We know the fast track policy has stalled because Farrell believes the best team is not all the 20 somethings the IRFU published in last week’s match programme.
“Six years ago the IRFU and the provinces began the process of reframing the elite player pathway with the aim of fast tracking talent into the senior professional ranks,” said the union only last week.
There followed a very long list of mostly Irish born talent - including Munster tightheads Kenyon Knox (21) from South Africa and Roman Salanoa (23) from Hawaii - aged between 21 and 23 that can almost exclusively be found playing Pro 14 rugby.
That’s the problem. The six-year plan has yet to bridge the gap in specialist positions. That’s why England just wiped Ireland out for a fourth game in succession.
These players will eventually be ready. Some of them - like Ryan Baird, Harry Byrne and Craig Casey - could be capped against Georgia next Saturday.
The system looks good on paper. It really does. Now it needs to be translated to the pitch. Fast tracking is no longer the last resort.
Nothing learned at 10
Johnny Sexton’s performance as the H2O runner was sufficient enough to put him back into the 10 jersey as soon as the hamstring clears up.
Ross Byrne has a polished right toe - this has long been established - and is worth every penny Leinster pay him, but you wonder how long he will be able to fend off Harry Byrne and Ciarán Frawley at club level.
An international flyhalf must be able to thrive on the gainline. Perilously close to belts of England backrowers is where Byrne needed to exist if the power of Aki and Chris Farrell was to be unleashed. That was Ireland’s only true weapon but it was never used because Byrne is not the answer.
Again - back to the long list - there is a queue of outhalves that need to be exposed as soon as possible.
Billy Burns, who is definitely not the answer in a post Sexton era (which may never actually come), closed down the show with a pretty chip for Jacob Stockdale’s try. It took 74 minutes to avoided being nilled.
Harry Byrne, no Ben Healy, no Jack Crowley is the chosen one. One of them will eventually glide through but the next two years could prove groundhog day every time Ireland come up against England, France, South Africa and New Zealand, unless the pack is strengthened.

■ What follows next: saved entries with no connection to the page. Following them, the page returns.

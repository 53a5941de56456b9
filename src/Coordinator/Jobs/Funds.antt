-- ===== src/Coordinator/Jobs/Funds.antt =====
-- What a submission does to the accounts, whatever statements fail.
use mathlib.Core.Option
use mathlib.Core.Option.{some-injective}
use neuralmesh.Common.{
  inl, arith, none, Option, some, inr, ◌≡◌, subst, sym, refl, false, eqb_refl, ◌∙◌, ◌⊎◌, ap, ◌≢◌,
  ne_symm, eqb_ne,
}
use neuralmesh.Coordinator.Jobs.{
  SubmitJobBody, available_of, hourly_cost, lock_credit, submit_job, insert_job, new_job, Submitted,
}
use neuralmesh.Coordinator.Leading.{
  Leads, then-Leads, query-Leads, exec-Leads, pure-Leads, fail_if-Leads, Ends,
}
use neuralmesh.Coordinator.Rows.{Credit, Store, Transaction, Escrow, Job, locked, queued}
use neuralmesh.Coordinator.Store.{
  Conn, err, on_credits, insert_transaction, insert_escrow, ok, insert_for, Reply,
}
use neuralmesh.Database.{update_key, RowId, Table, insert_row, add_row}
use neuralmesh.Float.{Float}

add_row-added :
    {A : Type 0} (k : RowId) (a : A) (o : Option A) (t u : Table A)
    → add_row k a o t ≡ some u
    → u.row k ≡ some a
add_row-added k a none t u e =
    subst (λ z. z.row k ≡ some a) (some-injective _ _ e) (rw (eqb_refl k) refl)
add_row-added k a (some b) t u e = absurd (ground arith)

map-some :
    {A B : Type 0} (f : A → B) (o : Option A) {b : B}
    → Option.map f o ≡ some b
    → (a : A) × (o ≡ some a) × (f a ≡ b)
map-some f none e = absurd (ground arith)
map-some f (some a) e = (a, refl, some-injective _ _ e)

row_added :
    {A : Type 0} (k : RowId) (a : A) (t u : Table A) → insert_row k a t ≡ some u → u.row k ≡ some a
row_added k a t u e = add_row-added k a (t.row k) t u e

module _ {R : Float} (body : SubmitJobBody R) (job_id escrow_id tx_id : RowId)
    (before : Store R) where
  abbrev cost : R.F
  cost = hourly_cost R body.max_price_per_hour body.max_duration_secs

  abbrev had : R.F
  had = available_of R (before.credits.row body.account_id)

  abbrev IsSame : Store R → Type 0
  IsSame s = s ≡ before

  abbrev IsEnough : Store R → Type 0
  IsEnough s = (s ≡ before) × (R.lt had cost ≡ false)

  -- The job is in its row, and nothing is lock-IsTaken from any account.
  abbrev IsInserted : Store R → Type 0
  IsInserted s =
      (s.credits ≡ before.credits)
      × (s.escrows ≡ before.escrows)
      × (s.jobs.row job_id ≡ some (new_job body job_id))
      × (R.lt had cost ≡ false)

  abbrev IsTaken : Store R → Type 0
  IsTaken s =
      (s.credits ≡ update_key body.account_id (lock_credit cost) before.credits)
      × (s.jobs.row job_id ≡ some (new_job body job_id))
      × (R.lt had cost ≡ false)

  abbrev lock_row : Escrow R
  lock_row = record {
    escrow_id = escrow_id;
    job_id = job_id;
    consumer_id = body.account_id;
    provider_id = none;
    locked_nmc = cost;
    state = locked;
    settled_at = none;
  }

  abbrev IsRecorded : Store R → Type 0
  IsRecorded s = IsTaken s × (s.escrows.row escrow_id ≡ some lock_row)

  abbrev IsStopped : Store R → Type 0
  IsStopped s = ((s.credits ≡ before.credits) × (s.escrows ≡ before.escrows)) ⊎ IsTaken s

  insert_job-IsInserted :
      (s t : Store R) → IsEnough s → insert_job (new_job body job_id) s ≡ some t → IsInserted t
  unfolding new_job
  insert_job-IsInserted s t (same, enough) e =
      let r = map-some _ (insert_row job_id (new_job body job_id) s.jobs) e in
      (
        ap (λ z. z.credits) (sym r.2) ∙ ap (λ z. z.credits) same,
        ap (λ z. z.escrows) (sym r.2) ∙ ap (λ z. z.escrows) same,
        ap (λ z. z.jobs.row job_id) (sym r.2)
            ∙ row_added job_id (new_job body job_id) s.jobs r.0 r.1,
        enough,
      )

  lock-IsTaken :
      (s t : Store R)
      → IsInserted s
      → on_credits (update_key body.account_id (lock_credit cost)) s ≡ some t
      → IsTaken t
  lock-IsTaken s t (same, kept, job, enough) e =
      let made = some-injective _ _ e in
      (
        ap (λ z. z.credits) (sym made) ∙ ap (update_key body.account_id (lock_credit cost)) same,
        ap (λ z. z.jobs.row job_id) (sym made) ∙ job,
        enough,
      )

  insert_escrow-IsRecorded :
      (s t : Store R) → IsTaken s → insert_escrow lock_row s ≡ some t → IsRecorded t
  insert_escrow-IsRecorded s t (debit, job, enough) e =
      let r =
        map-some _ (insert_row escrow_id lock_row s.escrows)
          (subst (λ o. insert_for o lock_row s ≡ some t) job e) in
      (
        (
          ap (λ z. z.credits) (sym r.2) ∙ debit,
          ap (λ z. z.jobs.row job_id) (sym r.2) ∙ job,
          enough,
        ),
        ap (λ z. z.escrows.row escrow_id) (sym r.2)
            ∙ row_added escrow_id lock_row s.escrows r.0 r.1,
      )

  insert_transaction-IsRecorded :
      (w : Transaction R) (s t : Store R)
      → IsRecorded s
      → insert_transaction w s ≡ some t
      → IsRecorded t
  insert_transaction-IsRecorded w s t h e =
      let same : t.credits ≡ s.credits = ground arith in
      let held : t.escrows ≡ s.escrows = ground arith in
      let jobs : t.jobs ≡ s.jobs = ground arith in
      (
        (same ∙ h.0.0, ap (λ z. z.row job_id) jobs ∙ h.0.1, h.0.2),
        ap (λ z. z.row escrow_id) held ∙ h.1,
      )

  same-IsStopped : (s : Store R) → IsSame s → IsStopped s
  same-IsStopped s e = inl (ap (λ z. z.credits) e, ap (λ z. z.escrows) e)

  fail_if-IsEnough :
      (credit : Option (Credit R)) (s : Store R)
      → IsSame s × (s.credits.row body.account_id ≡ credit)
      → R.lt (available_of R credit) cost ≡ false
      → IsEnough s
  fail_if-IsEnough credit s (same, read) few = (
    same,
    subst (λ o. R.lt (available_of R o) cost ≡ false)
        (sym read ∙ ap (λ z. z.credits.row body.account_id) same) few,
  )

  submit_job-Leads : Leads IsStopped IsSame IsRecorded (submit_job body job_id escrow_id tx_id)
  unfolding submit_job
  submit_job-Leads =
      query-Leads IsStopped (λ s. s.credits.row body.account_id) same-IsStopped
        (λ credit.
          then-Leads IsStopped {P = λ s. IsSame s × (s.credits.row body.account_id ≡ credit)}
            {Q = IsEnough}
            (fail_if-Leads IsStopped _ _ (λ s h. same-IsStopped s h.0) (fail_if-IsEnough credit))
            (then-Leads IsStopped {P = IsEnough}
              (exec-Leads IsStopped (λ s h. same-IsStopped s h.0) insert_job-IsInserted)
              (then-Leads IsStopped {P = IsInserted}
                (exec-Leads IsStopped (λ s h. inl (h.0, h.1)) lock-IsTaken)
                (then-Leads IsStopped {P = IsTaken}
                  (exec-Leads IsStopped (λ s h. inr h) insert_escrow-IsRecorded)
                  (then-Leads IsStopped {P = IsRecorded}
                    (exec-Leads IsStopped (λ s h. inr h.0) (λ s. insert_transaction-IsRecorded _ s))
                    (pure-Leads IsStopped))))))

  by_answer :
      {A : Type 0} (r : Reply A) (s : Store R)
      → Ends IsStopped IsRecorded r s
      → (((s.credits ≡ before.credits) × (s.escrows ≡ before.escrows)) × ((a : A) → r ≢ ok a))
        ⊎ (IsTaken s × ((a : A) → r ≡ ok a → s.escrows.row escrow_id ≡ some lock_row))
  by_answer (ok a) s h = inr (h.0, λ b e. h.1)
  by_answer (err e) s (inl h) = inl (h, λ a q. ground (arith, q))
  by_answer (err e) s (inr h) = inr (h, λ a q. ground (arith, q))

module _ {R : Float} where
  -- Whatever statements fail, a submission ends in one of two ways. Either it answers with an error and all
  -- accounts and escrows are as before; or the consumer had no less available than the price for the whole
  -- duration, and once, and from its account alone, that price has been taken from what is available and
  -- put on what is in escrow, and the job stands queued in its name. In the second way an answer that is no
  -- error means that the escrow of the job is recorded with that price, too.
  pub submit_job-locks :
      (body : SubmitJobBody R) (job_id escrow_id tx_id : RowId) (c : Conn R)
      → let cost =
          R.mul body.max_price_per_hour (R.div (R.of_int body.max_duration_secs) (R.lit 3600 0)) in
        let after = submit_job body job_id escrow_id tx_id c in
        (((after.1.store.credits ≡ c.store.credits) × (after.1.store.escrows ≡ c.store.escrows))
          × ((a : Submitted R) → after.0 ≢ ok a))
        ⊎ ((R.lt (available_of R (c.store.credits.row body.account_id)) cost ≡ false)
            × ((k : RowId)
                → k ≢ body.account_id
                → after.1.store.credits.row k ≡ c.store.credits.row k)
            × ((cr : Credit R) (a e : R.F)
                → c.store.credits.row body.account_id ≡ some cr
                → cr.available_nmc ≡ some a
                → cr.escrowed_nmc ≡ some e
                → after.1.store.credits.row body.account_id
                  ≡ some (record cr {
                    available_nmc = some (R.sub a cost);
                    escrowed_nmc = some (R.add e cost);
                  }))
            × ((j : Job R) × (after.1.store.jobs.row job_id ≡ some j)
                × (j.state ≡ queued)
                × (j.consumer_id ≡ body.account_id))
            × ((a : Submitted R)
                → after.0 ≡ ok a
                → after.1.store.escrows.row escrow_id
                  ≡ some (record {
                    escrow_id = escrow_id;
                    job_id = job_id;
                    consumer_id = body.account_id;
                    provider_id = none;
                    locked_nmc = cost;
                    state = locked;
                    settled_at = none;
                  })))
  unfolding new_job
  submit_job-locks body job_id escrow_id tx_id c =
      let after = submit_job body job_id escrow_id tx_id c in
      let ends = (submit_job-Leads body job_id escrow_id tx_id c.store).run c refl in
      elim (by_answer body job_id escrow_id tx_id c.store after.0 after.1.store ends) [
        | inl stopped ↦ inl stopped
        | inr (debit, booked) ↦ inr (
          debit.2,
          λ k ne. ap (λ t. t.row k) debit.0 ∙ (rw (eqb_ne body.account_id k (ne_symm ne)) refl),
          λ cr a e row free held.
              ap (λ t. t.row body.account_id) debit.0
              ∙ (rw (eqb_refl body.account_id, row, free, held) refl),
          (new_job body job_id, debit.1, refl, refl),
          booked,
        )
      ]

England can easily beat Ireland performing at about 70 per cent
“It felt like an 80 minute defensive session for England,” said Stephen Ferris on RTÉ. “We talk about Ireland evolving, but surely England need to evolve if they are to win a World Cup.”
Maro Itoje is so obviously the best player on the planet but, again, this result is as much a coaching issue as it is a player problem. Lots of technical work to be done by Farrell's backroom. The focus can only turn on what they are doing if the performances do not improve.